EXERCISE:
Using the records below, output the stretch that opens with the line containing "let name = first_or" and closes with the line containing "stage_reply none s", exactly and including both lines, with nothing more.

PROVIDED RECORDS:
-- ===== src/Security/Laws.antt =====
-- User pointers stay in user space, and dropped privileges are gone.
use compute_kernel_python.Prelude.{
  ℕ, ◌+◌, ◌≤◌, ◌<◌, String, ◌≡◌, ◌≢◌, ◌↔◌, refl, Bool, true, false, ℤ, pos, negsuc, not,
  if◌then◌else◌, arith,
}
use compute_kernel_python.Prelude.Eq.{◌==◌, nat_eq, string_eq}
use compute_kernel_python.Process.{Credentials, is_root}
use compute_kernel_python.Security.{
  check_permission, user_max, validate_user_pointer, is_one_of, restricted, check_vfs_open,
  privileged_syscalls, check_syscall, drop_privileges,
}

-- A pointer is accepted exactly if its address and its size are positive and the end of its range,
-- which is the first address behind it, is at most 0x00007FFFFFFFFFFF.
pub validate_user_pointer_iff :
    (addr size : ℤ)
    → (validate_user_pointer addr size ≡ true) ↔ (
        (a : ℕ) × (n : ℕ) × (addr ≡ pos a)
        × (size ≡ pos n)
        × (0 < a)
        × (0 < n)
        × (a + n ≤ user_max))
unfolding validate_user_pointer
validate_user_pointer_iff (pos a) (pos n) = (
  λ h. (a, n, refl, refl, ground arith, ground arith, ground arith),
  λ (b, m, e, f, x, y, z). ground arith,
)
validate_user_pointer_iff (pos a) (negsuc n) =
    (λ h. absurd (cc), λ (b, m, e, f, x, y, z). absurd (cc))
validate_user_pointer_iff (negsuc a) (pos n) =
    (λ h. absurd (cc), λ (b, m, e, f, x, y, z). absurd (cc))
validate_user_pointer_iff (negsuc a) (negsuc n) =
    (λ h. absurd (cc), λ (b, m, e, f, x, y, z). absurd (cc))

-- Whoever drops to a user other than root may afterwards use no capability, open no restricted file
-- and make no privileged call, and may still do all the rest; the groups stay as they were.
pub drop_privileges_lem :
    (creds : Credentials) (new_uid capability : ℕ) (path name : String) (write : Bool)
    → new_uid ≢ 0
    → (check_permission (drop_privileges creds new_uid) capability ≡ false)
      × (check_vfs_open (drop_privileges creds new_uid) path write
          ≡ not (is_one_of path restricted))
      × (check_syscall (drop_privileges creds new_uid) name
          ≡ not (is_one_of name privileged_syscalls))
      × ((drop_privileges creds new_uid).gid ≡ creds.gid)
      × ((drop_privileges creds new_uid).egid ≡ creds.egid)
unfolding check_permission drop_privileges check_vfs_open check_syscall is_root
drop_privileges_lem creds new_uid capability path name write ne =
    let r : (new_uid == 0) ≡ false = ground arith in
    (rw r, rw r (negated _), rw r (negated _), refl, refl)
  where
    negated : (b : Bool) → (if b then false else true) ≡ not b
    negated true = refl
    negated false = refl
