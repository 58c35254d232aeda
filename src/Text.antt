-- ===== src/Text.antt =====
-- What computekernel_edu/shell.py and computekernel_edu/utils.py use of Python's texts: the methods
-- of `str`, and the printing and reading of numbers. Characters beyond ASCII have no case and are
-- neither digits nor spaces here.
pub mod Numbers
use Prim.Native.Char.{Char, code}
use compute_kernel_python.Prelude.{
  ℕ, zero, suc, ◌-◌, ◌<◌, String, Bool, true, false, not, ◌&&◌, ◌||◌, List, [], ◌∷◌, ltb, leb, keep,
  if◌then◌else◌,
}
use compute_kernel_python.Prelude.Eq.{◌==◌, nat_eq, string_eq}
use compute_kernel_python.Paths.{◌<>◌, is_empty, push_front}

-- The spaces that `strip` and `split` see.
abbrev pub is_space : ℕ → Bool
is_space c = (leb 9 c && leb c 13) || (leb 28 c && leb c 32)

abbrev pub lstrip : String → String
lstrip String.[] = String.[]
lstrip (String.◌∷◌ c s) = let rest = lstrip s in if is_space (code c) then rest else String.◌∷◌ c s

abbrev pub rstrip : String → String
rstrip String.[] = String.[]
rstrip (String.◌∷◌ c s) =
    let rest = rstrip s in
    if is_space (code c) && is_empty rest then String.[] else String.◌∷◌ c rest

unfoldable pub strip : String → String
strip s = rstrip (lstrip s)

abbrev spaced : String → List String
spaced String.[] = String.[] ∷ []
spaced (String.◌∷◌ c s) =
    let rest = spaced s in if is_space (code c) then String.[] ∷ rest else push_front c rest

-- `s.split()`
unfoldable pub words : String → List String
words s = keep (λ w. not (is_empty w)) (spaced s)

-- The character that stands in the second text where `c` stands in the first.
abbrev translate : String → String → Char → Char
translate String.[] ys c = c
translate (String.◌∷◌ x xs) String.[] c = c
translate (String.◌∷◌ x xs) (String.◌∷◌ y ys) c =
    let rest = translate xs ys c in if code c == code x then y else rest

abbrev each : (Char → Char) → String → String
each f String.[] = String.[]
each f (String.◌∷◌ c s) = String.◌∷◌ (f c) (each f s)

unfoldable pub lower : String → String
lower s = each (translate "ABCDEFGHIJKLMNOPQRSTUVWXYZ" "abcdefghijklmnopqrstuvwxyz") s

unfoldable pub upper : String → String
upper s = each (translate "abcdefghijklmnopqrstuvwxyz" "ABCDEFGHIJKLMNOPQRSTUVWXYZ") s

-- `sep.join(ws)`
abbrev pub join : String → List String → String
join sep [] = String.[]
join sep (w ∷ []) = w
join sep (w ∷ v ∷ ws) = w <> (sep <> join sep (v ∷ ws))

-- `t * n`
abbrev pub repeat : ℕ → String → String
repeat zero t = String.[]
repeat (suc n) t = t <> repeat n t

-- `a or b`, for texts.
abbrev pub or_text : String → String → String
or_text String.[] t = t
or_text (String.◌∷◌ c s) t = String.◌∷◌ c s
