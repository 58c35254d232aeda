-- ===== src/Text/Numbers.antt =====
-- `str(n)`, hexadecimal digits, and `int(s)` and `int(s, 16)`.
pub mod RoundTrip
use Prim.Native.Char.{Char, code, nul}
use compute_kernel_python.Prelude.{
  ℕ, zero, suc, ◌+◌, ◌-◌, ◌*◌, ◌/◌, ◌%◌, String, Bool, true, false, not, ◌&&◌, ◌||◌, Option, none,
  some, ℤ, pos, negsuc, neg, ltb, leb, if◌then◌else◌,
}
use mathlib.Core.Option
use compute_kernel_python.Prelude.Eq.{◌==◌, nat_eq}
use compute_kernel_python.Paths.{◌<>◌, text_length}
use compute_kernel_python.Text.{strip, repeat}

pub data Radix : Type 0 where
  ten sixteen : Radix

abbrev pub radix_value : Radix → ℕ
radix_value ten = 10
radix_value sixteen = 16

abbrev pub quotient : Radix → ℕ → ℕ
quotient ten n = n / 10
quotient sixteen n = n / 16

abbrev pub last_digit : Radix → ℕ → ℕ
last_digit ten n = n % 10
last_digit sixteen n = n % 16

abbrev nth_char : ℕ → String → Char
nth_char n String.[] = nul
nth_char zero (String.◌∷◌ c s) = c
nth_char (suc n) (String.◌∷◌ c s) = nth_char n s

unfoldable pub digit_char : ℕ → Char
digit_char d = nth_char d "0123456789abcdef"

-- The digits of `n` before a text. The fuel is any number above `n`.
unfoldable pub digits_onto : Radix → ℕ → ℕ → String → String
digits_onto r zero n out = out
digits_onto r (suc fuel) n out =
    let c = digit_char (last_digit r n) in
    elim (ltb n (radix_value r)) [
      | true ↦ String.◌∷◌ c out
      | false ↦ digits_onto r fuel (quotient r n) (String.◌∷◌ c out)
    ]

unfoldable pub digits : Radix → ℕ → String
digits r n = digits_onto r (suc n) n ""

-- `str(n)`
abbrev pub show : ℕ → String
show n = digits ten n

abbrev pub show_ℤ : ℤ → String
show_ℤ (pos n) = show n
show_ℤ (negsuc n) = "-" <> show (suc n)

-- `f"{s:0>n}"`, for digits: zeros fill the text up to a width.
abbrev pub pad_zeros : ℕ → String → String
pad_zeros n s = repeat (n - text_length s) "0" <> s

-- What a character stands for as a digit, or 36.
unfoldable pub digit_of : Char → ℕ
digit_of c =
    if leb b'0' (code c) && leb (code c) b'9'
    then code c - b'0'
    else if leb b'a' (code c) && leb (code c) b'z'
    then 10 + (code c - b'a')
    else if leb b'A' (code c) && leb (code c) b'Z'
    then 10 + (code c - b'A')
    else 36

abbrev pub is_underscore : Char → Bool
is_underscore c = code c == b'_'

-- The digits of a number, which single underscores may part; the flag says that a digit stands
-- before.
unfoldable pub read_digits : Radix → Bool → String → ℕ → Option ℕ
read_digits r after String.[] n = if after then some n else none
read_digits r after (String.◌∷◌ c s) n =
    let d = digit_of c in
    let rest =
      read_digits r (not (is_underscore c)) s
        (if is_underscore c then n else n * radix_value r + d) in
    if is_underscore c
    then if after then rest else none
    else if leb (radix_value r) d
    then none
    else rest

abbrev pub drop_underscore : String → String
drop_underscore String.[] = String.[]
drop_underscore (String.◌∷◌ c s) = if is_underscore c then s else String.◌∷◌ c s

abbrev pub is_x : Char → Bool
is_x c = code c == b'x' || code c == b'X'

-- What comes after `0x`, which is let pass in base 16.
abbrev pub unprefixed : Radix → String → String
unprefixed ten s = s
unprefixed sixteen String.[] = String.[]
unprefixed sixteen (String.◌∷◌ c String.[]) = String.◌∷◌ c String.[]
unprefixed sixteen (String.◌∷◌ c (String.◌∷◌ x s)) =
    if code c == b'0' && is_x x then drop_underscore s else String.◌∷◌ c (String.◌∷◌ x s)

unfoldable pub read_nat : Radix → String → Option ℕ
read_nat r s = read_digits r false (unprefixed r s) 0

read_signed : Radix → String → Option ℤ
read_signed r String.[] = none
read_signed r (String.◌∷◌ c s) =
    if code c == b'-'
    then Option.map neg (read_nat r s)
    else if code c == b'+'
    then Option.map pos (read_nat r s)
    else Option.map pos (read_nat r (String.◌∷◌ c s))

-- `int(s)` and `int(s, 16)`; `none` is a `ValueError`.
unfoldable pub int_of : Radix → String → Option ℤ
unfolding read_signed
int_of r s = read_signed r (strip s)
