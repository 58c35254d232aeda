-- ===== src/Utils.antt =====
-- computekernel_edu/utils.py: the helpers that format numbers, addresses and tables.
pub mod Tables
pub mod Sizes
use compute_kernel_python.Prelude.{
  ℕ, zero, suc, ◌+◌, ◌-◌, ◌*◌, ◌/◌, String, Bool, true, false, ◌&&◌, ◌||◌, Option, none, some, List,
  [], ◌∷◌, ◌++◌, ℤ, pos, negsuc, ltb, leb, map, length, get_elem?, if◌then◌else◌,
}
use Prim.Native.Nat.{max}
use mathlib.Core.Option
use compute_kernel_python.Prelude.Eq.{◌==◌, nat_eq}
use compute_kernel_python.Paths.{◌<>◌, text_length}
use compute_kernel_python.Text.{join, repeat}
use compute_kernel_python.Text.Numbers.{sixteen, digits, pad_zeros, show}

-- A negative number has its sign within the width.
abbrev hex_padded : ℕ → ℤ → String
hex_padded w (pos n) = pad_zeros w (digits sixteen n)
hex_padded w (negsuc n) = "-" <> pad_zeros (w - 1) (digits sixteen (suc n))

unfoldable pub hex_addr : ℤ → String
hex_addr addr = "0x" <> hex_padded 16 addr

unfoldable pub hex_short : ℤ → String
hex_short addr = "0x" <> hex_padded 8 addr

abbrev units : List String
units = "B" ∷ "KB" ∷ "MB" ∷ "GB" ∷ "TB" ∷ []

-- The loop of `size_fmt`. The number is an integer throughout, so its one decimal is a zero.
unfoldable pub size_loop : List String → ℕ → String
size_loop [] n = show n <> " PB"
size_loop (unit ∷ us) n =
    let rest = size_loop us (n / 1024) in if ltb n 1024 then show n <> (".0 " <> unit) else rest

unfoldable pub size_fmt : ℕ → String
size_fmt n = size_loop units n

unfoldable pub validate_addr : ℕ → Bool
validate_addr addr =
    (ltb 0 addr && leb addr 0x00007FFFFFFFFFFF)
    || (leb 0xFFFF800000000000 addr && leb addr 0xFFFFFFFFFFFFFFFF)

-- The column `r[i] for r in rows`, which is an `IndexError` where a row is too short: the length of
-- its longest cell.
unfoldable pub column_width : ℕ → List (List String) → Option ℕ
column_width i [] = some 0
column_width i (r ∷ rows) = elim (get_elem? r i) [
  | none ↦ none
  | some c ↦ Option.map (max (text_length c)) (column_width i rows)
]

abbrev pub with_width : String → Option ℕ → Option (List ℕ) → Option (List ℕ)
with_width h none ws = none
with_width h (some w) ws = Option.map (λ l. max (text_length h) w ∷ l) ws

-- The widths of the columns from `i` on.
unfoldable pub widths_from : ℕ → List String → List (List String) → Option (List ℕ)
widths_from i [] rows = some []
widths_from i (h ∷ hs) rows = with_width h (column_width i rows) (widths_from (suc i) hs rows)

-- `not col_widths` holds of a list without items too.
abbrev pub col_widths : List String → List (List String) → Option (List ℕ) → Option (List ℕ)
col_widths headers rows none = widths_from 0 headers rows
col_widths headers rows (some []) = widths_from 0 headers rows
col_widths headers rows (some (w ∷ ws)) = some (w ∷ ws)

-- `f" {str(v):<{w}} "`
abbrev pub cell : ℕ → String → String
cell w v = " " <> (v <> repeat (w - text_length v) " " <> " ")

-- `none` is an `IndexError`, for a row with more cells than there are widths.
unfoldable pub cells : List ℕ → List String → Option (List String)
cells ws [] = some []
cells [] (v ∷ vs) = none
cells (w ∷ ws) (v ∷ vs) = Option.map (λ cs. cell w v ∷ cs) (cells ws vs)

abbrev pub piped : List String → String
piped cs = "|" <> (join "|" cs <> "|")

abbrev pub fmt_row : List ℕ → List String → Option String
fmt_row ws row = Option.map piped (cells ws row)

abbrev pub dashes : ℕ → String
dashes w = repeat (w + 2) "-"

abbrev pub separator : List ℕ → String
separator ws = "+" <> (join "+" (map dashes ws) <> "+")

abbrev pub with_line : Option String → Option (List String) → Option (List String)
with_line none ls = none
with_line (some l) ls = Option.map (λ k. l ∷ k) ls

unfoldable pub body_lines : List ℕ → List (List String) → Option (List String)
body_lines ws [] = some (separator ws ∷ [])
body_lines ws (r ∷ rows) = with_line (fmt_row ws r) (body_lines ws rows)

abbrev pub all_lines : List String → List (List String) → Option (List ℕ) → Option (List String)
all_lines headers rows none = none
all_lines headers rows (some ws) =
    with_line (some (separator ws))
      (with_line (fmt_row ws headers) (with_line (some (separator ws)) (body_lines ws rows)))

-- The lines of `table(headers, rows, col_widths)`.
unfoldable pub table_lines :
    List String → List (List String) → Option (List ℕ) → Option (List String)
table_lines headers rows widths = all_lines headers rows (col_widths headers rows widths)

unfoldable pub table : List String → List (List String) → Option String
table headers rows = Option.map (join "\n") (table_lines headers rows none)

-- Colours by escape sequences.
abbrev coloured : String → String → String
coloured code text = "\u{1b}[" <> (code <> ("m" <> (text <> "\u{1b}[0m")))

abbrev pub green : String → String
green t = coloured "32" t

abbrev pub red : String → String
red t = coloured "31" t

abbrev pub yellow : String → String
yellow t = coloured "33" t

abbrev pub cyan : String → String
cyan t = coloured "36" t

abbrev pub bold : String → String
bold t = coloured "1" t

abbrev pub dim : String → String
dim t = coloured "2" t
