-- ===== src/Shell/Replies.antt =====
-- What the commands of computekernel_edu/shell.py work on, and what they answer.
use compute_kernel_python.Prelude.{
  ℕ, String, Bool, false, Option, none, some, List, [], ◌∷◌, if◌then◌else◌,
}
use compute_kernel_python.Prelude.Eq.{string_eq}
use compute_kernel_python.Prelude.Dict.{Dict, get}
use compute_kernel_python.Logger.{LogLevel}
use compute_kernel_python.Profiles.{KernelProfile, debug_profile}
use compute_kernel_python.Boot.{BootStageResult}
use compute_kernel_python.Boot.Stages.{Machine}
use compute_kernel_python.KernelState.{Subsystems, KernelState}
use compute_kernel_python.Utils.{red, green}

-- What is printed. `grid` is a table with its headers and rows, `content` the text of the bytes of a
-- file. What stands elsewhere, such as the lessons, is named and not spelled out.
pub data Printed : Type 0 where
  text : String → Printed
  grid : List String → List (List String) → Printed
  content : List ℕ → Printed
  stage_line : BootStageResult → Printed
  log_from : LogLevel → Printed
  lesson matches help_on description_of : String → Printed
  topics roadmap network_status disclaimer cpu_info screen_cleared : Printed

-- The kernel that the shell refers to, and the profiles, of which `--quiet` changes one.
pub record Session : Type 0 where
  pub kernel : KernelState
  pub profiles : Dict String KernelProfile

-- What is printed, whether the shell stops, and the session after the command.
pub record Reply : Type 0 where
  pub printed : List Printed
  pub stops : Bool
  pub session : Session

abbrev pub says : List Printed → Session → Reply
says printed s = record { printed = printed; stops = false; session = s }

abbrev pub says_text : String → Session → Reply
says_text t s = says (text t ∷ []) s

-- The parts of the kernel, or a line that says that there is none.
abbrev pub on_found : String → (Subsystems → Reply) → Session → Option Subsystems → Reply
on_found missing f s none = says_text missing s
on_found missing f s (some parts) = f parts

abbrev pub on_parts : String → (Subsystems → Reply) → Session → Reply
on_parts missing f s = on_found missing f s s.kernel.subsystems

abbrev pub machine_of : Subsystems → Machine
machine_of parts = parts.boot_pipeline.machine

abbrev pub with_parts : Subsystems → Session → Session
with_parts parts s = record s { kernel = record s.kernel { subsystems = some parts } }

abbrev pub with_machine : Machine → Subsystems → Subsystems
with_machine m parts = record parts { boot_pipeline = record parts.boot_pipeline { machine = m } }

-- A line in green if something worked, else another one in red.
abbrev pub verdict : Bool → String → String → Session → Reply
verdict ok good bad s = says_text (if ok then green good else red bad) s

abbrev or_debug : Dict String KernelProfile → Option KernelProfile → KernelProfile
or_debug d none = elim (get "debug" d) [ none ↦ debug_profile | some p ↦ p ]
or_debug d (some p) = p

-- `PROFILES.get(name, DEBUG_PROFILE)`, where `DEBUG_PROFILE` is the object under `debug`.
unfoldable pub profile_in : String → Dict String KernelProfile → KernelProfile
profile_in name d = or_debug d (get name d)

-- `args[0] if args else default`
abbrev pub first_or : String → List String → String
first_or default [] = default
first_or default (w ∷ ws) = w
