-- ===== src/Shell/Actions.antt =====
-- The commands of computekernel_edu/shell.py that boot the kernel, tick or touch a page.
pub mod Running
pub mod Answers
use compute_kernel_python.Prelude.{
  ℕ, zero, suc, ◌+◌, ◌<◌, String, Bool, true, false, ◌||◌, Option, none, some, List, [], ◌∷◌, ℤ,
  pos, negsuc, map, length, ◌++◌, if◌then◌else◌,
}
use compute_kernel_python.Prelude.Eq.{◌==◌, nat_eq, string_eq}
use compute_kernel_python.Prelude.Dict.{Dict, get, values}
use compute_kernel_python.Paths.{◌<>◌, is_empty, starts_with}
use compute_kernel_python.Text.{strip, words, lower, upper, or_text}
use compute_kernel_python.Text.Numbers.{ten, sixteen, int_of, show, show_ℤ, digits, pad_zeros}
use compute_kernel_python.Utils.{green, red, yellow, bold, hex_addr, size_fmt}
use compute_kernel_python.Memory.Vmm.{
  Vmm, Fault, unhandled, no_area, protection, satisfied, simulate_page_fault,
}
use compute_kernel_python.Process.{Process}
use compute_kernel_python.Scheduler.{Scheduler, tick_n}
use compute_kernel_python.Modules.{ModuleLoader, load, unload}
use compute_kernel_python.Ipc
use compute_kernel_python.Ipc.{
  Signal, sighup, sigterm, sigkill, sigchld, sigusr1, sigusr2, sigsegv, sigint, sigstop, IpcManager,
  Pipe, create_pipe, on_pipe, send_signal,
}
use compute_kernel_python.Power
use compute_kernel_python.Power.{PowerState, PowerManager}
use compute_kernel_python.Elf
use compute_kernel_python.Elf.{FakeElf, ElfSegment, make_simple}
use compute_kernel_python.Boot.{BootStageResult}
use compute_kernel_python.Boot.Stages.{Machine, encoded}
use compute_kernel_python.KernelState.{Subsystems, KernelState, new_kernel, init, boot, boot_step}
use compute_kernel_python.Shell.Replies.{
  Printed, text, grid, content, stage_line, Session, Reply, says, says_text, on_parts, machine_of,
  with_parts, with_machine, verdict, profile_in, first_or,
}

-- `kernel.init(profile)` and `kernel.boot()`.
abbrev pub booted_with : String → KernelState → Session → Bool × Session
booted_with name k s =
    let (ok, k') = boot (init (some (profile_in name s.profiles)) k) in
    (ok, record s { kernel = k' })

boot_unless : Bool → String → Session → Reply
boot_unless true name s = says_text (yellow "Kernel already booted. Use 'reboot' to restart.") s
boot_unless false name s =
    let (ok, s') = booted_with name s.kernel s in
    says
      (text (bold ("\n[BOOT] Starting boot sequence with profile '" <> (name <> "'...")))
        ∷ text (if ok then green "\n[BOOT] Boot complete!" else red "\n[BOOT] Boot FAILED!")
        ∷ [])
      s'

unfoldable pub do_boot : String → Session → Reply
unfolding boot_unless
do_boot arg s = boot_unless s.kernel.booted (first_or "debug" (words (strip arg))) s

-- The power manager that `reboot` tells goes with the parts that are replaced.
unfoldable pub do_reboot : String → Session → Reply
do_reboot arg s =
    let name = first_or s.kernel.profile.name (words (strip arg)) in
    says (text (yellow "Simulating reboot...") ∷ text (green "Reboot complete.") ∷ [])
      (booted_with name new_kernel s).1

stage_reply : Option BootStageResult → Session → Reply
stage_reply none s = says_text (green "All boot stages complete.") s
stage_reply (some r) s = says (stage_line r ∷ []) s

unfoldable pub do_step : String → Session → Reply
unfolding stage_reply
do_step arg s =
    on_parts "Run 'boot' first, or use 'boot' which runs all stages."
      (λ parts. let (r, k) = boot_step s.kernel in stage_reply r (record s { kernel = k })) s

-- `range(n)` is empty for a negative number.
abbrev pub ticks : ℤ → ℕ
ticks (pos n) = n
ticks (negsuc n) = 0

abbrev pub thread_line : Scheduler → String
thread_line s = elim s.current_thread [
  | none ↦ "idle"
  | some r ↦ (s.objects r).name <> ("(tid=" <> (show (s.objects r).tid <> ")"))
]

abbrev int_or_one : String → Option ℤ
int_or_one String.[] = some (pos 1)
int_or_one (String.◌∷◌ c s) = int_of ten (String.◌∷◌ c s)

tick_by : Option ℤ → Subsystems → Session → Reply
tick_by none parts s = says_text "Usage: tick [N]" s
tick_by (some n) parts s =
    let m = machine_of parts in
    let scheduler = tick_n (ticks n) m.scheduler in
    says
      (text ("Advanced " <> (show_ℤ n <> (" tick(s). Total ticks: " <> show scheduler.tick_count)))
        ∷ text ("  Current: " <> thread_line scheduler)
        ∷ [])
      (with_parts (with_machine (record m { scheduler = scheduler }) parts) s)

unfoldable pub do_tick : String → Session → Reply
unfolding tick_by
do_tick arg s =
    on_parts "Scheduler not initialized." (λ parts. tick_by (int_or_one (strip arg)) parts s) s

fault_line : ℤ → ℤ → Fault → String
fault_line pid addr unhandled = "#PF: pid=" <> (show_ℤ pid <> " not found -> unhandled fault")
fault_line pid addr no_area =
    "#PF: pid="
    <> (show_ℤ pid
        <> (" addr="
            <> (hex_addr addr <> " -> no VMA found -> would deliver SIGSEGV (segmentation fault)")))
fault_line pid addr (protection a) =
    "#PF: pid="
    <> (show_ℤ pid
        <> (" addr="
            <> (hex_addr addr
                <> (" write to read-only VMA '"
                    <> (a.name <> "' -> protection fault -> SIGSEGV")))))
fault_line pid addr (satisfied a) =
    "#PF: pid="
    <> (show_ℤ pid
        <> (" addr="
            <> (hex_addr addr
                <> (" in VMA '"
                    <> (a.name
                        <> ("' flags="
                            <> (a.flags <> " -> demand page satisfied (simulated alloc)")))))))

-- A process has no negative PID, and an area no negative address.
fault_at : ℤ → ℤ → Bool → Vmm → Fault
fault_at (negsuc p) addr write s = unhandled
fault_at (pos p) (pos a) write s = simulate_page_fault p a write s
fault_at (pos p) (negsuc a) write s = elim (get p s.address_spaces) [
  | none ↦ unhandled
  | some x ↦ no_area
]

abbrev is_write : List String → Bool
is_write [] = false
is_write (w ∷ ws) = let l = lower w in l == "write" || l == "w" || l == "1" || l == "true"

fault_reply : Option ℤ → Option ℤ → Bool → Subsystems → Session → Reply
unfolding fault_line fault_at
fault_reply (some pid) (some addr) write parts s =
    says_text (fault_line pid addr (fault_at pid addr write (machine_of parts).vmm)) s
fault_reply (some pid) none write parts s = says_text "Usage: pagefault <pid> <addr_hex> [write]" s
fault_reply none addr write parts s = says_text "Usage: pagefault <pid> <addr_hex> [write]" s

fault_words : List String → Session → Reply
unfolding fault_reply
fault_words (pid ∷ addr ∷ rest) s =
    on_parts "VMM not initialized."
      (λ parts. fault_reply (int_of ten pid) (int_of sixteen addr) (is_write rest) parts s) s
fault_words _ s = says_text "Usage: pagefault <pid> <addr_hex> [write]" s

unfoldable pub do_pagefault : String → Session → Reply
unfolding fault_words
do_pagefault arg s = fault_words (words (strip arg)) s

RESPONSE BELOW:
    let name = first_or s.kernel.profile.name (words (strip arg)) in
    says (text (yellow "Simulating reboot...") ∷ text (green "Reboot complete.") ∷ [])
      (booted_with name new_kernel s).1

stage_reply : Option BootStageResult → Session → Reply
stage_reply none s = says_text (green "All boot stages complete.") s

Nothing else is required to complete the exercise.